= Clarence A. Walworth =

American lawyer

Clarence Augustus Walworth (May 30, 1820 - September 19, 1900) was an American attorney, writer, ordained Roman Catholic priest and missionary. Walworth was a well regarded writer who published numerous works related to the Roman Catholic Church.

==Life==
Clarence A. Walworth, the fourth child and oldest son Reuben Hyde Walworth and Maria Ketchum (Averill) Walworth, was born on May 30, 1820, at Plattsburgh, Clinton County, New York.

He was educated at The Albany Academy, and graduated from Union College in 1838. Then he studied law, was admitted to the bar, and practiced in Canandaigua.

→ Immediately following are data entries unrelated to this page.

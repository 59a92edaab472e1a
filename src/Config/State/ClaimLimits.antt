-- ===== src/Config/State/ClaimLimits.antt =====
-- `repo_claims` and `set_claims`: the limit on the workspaces of a repo.
use jj_mesh.Prelude.{
  ok, total-insert, measured-le-total, BTreeMap, get, insert, Sorted, Ord, nat_ord, bool_ord,
  pair_ord, list_ord, option_ord, reverse_ord, is_some, Bool-cases, length, all, ℕ, ◌+◌, ◌≤◌, ◌<◌,
  ◌≡◌, refl, ap, ◌≢◌, inl, inr, Bool, true, List, [], ◌∷◌, arith,
}
use jj_mesh.Config.Name.{Text}
use jj_mesh.Config.RepoId.{RepoId}
use jj_mesh.Config.Membership.Register.{max_record_version}
use jj_mesh.Config.Membership.Versions.{next_version_ok}
use jj_mesh.Config.Membership.Peers.{peer_register}
use jj_mesh.Config.Membership.Repos.{repo_register}
use jj_mesh.Config.Claims.{
  WorkspaceClaims, count, max_machine_workspaces, claims_register, names_of, workspace_name,
  updated, all_values, names_valid, unchanged, is_valid, set_claims, set_claims_lem, release_valid,
}
use jj_mesh.Config.State.Defs.{sub_usize, repo_name, repo_claims, MeshState}
use jj_mesh.Config.State.Ops.{set_repo_claims}
use jj_mesh.Config.State.WellFormed.{IsWellFormed}

all_values-insert :
    (p : List Text → Bool) (repo : RepoId) (names : List Text) (m : BTreeMap RepoId (List Text))
    → p names ≡ true
    → all_values p m ≡ true
    → all_values p (insert repo names m) ≡ true
unfolding insert
all_values-insert p repo names [] h a = ground arith
all_values-insert p repo names (e ∷ m) h a = ground (arith, all_values-insert p repo names m h)

valid_update :
    (c : WorkspaceClaims) (repo : RepoId) (names : List Text)
    → Sorted c.repos
    → is_valid c ≡ true
    → all workspace_name names ≡ true
    → count c + length names ≤ max_machine_workspaces + length (names_of (get repo c.repos))
    → is_valid (record c { repos = updated c.repos repo names }) ≡ true
unfolding is_valid
valid_update c repo [] s v a h = release_valid c repo v
valid_update c repo (n ∷ names) s v a h = ground (
  arith,
  total-insert length repo (n ∷ names) c.repos s,
  all_values-insert names_valid repo (n ∷ names) c.repos,
)

set_claims_ok :
    (c : WorkspaceClaims) (repo : RepoId) (names : List Text)
    → is_valid (record c { repos = updated c.repos repo names }) ≡ true
    → c.version + 1 < max_record_version
    → (d : WorkspaceClaims) × (set_claims c repo names ≡ ok d)
unfolding set_claims
set_claims_ok c repo names valid h = elim (Bool-cases (unchanged (get repo c.repos) names)) [
  | inl same ↦ (c, rw same)
  | inr differs ↦ (
    record { version = c.version + 1; repos = updated c.repos repo names },
    rw (differs, valid, next_version_ok c.version h),
  )
]

limit_arith :
    (total ours : ℕ)
    → total ≤ max_machine_workspaces
    → ours ≤ total
    → (sub_usize max_machine_workspaces (sub_usize total ours) + total
        ≡ max_machine_workspaces + ours)
      × (ours ≤ sub_usize max_machine_workspaces (sub_usize total ours))
limit_arith total ours h k = omega arith

module _ {E : Type 0} ⦃oe : Ord E⦄ where
  -- What is claimed on a repo and the limit: the claims of the other repos use up the rest.
  pub repo_claims_limit :
      (local : E) (s : MeshState E) (id : RepoId)
      → IsWellFormed local s
      → ((repo_claims s id).limit + count s.claims
          ≡ max_machine_workspaces + length (repo_claims s id).ours)
        × (length (repo_claims s id).ours ≤ (repo_claims s id).limit)
  unfolding repo_claims is_valid
  repo_claims_limit local s id w =
      let valid = w.claims_valid in
      let held = measured-le-total length id s.claims.repos in
      limit_arith (count s.claims) (length (names_of (get id s.claims.repos))) (ground arith)
        (ground arith)

  repo_claims-ours :
      (s : MeshState E) (id : RepoId) → (repo_claims s id).ours ≡ names_of (get id s.claims.repos)
  unfolding repo_claims
  repo_claims-ours s id = refl

  -- A registered repo whose task claims valid names within the limit that it was told always gets them,
  -- below the version ceiling.
  pub set_repo_claims_within_limit :
      (local : E) (s : MeshState E) (id : RepoId) (names : List Text)
      → IsWellFormed local s
      → is_some (repo_name s id) ≡ true
      → all workspace_name names ≡ true
      → length names ≤ (repo_claims s id).limit
      → s.claims.version + 1 < max_record_version
      → (t : MeshState E) × (set_repo_claims s id names ≡ ok t)
        × (names_of (get id t.claims.repos) ≡ names)
        × ((other : RepoId) → id ≢ other → get other t.claims.repos ≡ get other s.claims.repos)
  unfolding set_repo_claims
  set_repo_claims_within_limit local s id names w reg valid room h =
      let limit = repo_claims_limit local s id w in
      let ours = ap length (repo_claims-ours s id) in
      let (d, done) =
        set_claims_ok s.claims id names
          (valid_update s.claims id names w.claims_sorted w.claims_valid valid (omega arith)) h in
      let facts = set_claims_lem s.claims id names w.claims_version done in
      (record s { claims = d }, rw (reg, done), facts.1, facts.2)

After a few years he abandoned the law, and instead studied theology at the General Theological Seminary in New York City. Before he completed his studies there, he decided to become a Catholic priest, entered the Congregation of the Most Holy Redeemer, and continued his studies in Belgium. From 1866 to 1892 he was pastor of St. Mary's Church in Albany.

Walworth’s 1888 Andiatorocté; or, The Eve of Lady Day on Lake George and Other, Hymns, and Meditations in Verse was reviewed by Oscar Wilde:

“Andiatoroctè [sic] is the title of a volume of poems by the Rev. Clarence Walworth, of Albany, N. Y. It is a word borrowed from the Indians, and should, we think, be returned to them as soon as possible….Poems of this kind were popular in the Middle Ages when the cathedrals of every Christian country served as its theaters. They are anachronisms now, and it is odd that they should come to us from the United States. In matters of this kind we should have some protection.”

Walworth died September 19, 1900, in Albany, New York.